▸ **TASK INSTRUCTIONS**
Go through the lines below. Copy those with "omega".

○ ○ ○ ○

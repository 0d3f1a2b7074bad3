-- ===== src/Shield/Sanitizer.antt =====
-- sanitizer.rs: what a tool's description and the arguments of a call are searched for.
pub mod Credentials
pub mod AwsSecrets
pub mod AwsRuns
pub mod AwsContext
pub mod Scan
pub mod VendorLoop
pub mod VendorTokens
pub mod OpenAiKeys
pub mod Tokens
pub mod Detection
pub mod Arguments
pub mod Collected
pub mod Report
pub mod TokenDetectors
mod Tests
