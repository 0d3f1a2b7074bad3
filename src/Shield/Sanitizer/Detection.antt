-- ===== src/Shield/Sanitizer/Detection.antt =====
-- sanitizer.rs: what the detectors of prefixed tokens find.
use project_black_monolith.Prelude.{
  ℕ, zero, suc, ◌+◌, ◌≤◌, ◌≡◌, refl, sym, ap, ◌∙◌, ◌↔◌, inl, inr, Bool, true, ◌&&◌, List, [], ◌∷◌,
  ◌++◌, arith, length, take, drop, leb, Bool-cases, length-append, &&_iff,
}
use project_black_monolith.Text.{Text, starts_with, take_while}
use project_black_monolith.Text.Search.{All, starts_with_iff, drop-append, starts_with-append}
use project_black_monolith.Shield.Sanitizer.Credentials.{found_from}

-- A key of so many characters that pass
abbrev pub KeyOf : (ℕ → Bool) → ℕ → List ℕ → Type 0
KeyOf test n key = (length key ≡ n) × All (λ c. test c ≡ true) key

-- A loop over positions finds what stands somewhere with `least` bytes or more.
pub found_from_iff :
    (test : List ℕ → Bool) (least : ℕ)
    → 1 ≤ least
    → (bytes : List ℕ)
    → (found_from test least bytes ≡ true)
      ↔ ((before s : List ℕ) × (bytes ≡ before ++ s) × (least ≤ length s) × (test s ≡ true))
unfolding found_from
found_from_iff test least positive [] = (λ h. cc, λ h. absurd (none_of h.0 h.1 h.2 h.3))
  where
    none_of : (before s : List ℕ) → ◌≡◌ {A = List ℕ} [] (before ++ s) → least ≤ length s → ⊥
    none_of [] [] e enough = omega arith
    none_of [] (c ∷ s) e enough = cc
    none_of (b ∷ before) s e enough = cc
found_from_iff test least positive (b ∷ bytes) = (
  λ h. elim (Bool-cases (test (b ∷ bytes))) [
    | inl pass ↦ ([], b ∷ bytes, refl, ground arith, pass)
    | inr fail ↦
        let later : found_from test least bytes ≡ true = ground arith in
        let (before, s, e, enough, pass) = (found_from_iff test least positive bytes).0 later in
        (b ∷ before, s, ap (λ t. b ∷ t) e, enough, pass)
  ],
  λ h. reach h.0 h.1 h.2 h.3 h.4 (found_from_iff test least positive bytes).1,
)
  where
    reach :
        (before s : List ℕ)
        → ◌≡◌ {A = List ℕ} (b ∷ bytes) (before ++ s)
        → least ≤ length s
        → test s ≡ true
        → (((b2 s2 : List ℕ) × (bytes ≡ b2 ++ s2) × (least ≤ length s2) × (test s2 ≡ true))
            → found_from test least bytes ≡ true)
        → found_from test least (b ∷ bytes) ≡ true
    reach [] s e enough pass found =
        let size : length s ≡ suc (length bytes) = ap length (sym e) in
        let here : test (b ∷ bytes) ≡ true = cc in ground arith
    reach (c ∷ before) s e enough pass found =
        let rest : bytes ≡ before ++ s = cc in
        let size : length bytes ≡ length before + length s =
          ap length rest ∙ length-append before s in
        let pass_later = found (before, s, rest, enough, pass) in ground arith

-- A loop whose test finds a prefix and a key after it
pub occurs_iff :
    (test : List ℕ → Bool) (least : ℕ) (prefix : Text) (Key : List ℕ → Type 0)
    → 1 ≤ least
    → ((s : List ℕ)
        → ((least ≤ length s) × (test s ≡ true))
          ↔ ((key after : List ℕ) × (s ≡ prefix ++ (key ++ after)) × Key key))
    → (bytes : List ℕ)
    → (found_from test least bytes ≡ true)
      ↔ ((before key after : List ℕ) × (bytes ≡ before ++ (prefix ++ (key ++ after))) × Key key)
occurs_iff test least prefix Key positive means bytes = (
  λ h.
      let (before, s, e, enough, pass) = (found_from_iff test least positive bytes).0 h in
      let (key, after, e2, is_key) = (means s).0 (enough, pass) in
      (before, key, after, rw (← e2) e, is_key),
  λ h.
      let (before, key, after, e, is_key) = h in
      let s = prefix ++ (key ++ after) in
      let both = (means s).1 (key, after, refl, is_key) in
      (found_from_iff test least positive bytes).1 (before, s, e, both.0, both.1),
)

pub length-take_while :
    (test : ℕ → Bool) (run after : Text)
    → All (λ c. test c ≡ true) run
    → length run ≤ length (take_while test (run ++ after))
unfolding take_while
length-take_while test [] after passing = omega arith
length-take_while test (c ∷ run) after passing =
    let rest = length-take_while test run after (passing.1) in rw (passing.0) (omega arith)

starts_with_run :
    (test : ℕ → Bool) (n : ℕ) (s : Text)
    → leb n (length (take_while test s)) ≡ true
    → (run after : Text) × (s ≡ run ++ after) × KeyOf test n run
unfolding take_while
starts_with_run test zero s h = ([], s, refl, (refl, tt))
starts_with_run test (suc n) [] h = absurd (ground arith)
starts_with_run test (suc n) (c ∷ s) h = elim (Bool-cases (test c)) [
  | inl pass ↦
      let more : leb n (length (take_while test s)) ≡ true = ground arith in
      let (run, after, e, (size, passing)) = starts_with_run test n s more in
      (c ∷ run, after, ap (λ t. c ∷ t) e, (ap suc size, (pass, passing)))
  | inr fail ↦ absurd (ground arith)
]

-- A run of `n` characters is one that the text starts with.
pub take_while_iff :
    (test : ℕ → Bool) (n : ℕ) (s : Text)
    → (leb n (length (take_while test s)) ≡ true)
      ↔ ((run after : Text) × (s ≡ run ++ after) × KeyOf test n run)
take_while_iff test n s = (
  starts_with_run test n s,
  λ h.
      let (run, after, e, (size, passing)) = h in
      let long = length-take_while test run after passing in rw e (ground arith),
)

-- A prefix and then a run
pub prefixed_run_iff :
    (prefix : Text) (test : ℕ → Bool) (n : ℕ) (s : Text)
    → (starts_with s prefix && leb n (length (take_while test (drop (length prefix) s))) ≡ true)
      ↔ ((run after : Text) × (s ≡ prefix ++ (run ++ after)) × KeyOf test n run)
prefixed_run_iff prefix test n s = (
  λ h.
      let both = (&&_iff (starts_with s prefix) _).0 h in
      let (rest, e) = (starts_with_iff s prefix).0 (both.0) in
      let dropped : drop (length prefix) s ≡ rest = rw e (drop-append prefix rest) in
      let long : leb n (length (take_while test rest)) ≡ true = rw (← dropped) (both.1) in
      let (run, after, e2, key) = (take_while_iff test n rest).0 long in
      (run, after, rw (← e2) e, key),
  λ h.
      let (run, after, e, key) = h in
      let long = (take_while_iff test n (run ++ after)).1 (run, after, refl, key) in
      rw (e, drop-append prefix (run ++ after), starts_with-append prefix (run ++ after)) long,
)

pub take-run : (run after : Text) (n : ℕ) → length run ≡ n → take n (run ++ after) ≡ run
take-run [] after zero size = refl
take-run [] after (suc n) size = cc
take-run (c ∷ run) after zero size = cc
take-run (c ∷ run) after (suc n) size = ap (λ t. c ∷ t) (take-run run after n (omega arith))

○ ○ ○ ○

▸ **TASK ANSWER**
    none_of [] [] e enough = omega arith
length-take_while test [] after passing = omega arith
    let rest = length-take_while test run after (passing.1) in rw (passing.0) (omega arith)
take-run (c ∷ run) after (suc n) size = ap (λ t. c ∷ t) (take-run run after n (omega arith))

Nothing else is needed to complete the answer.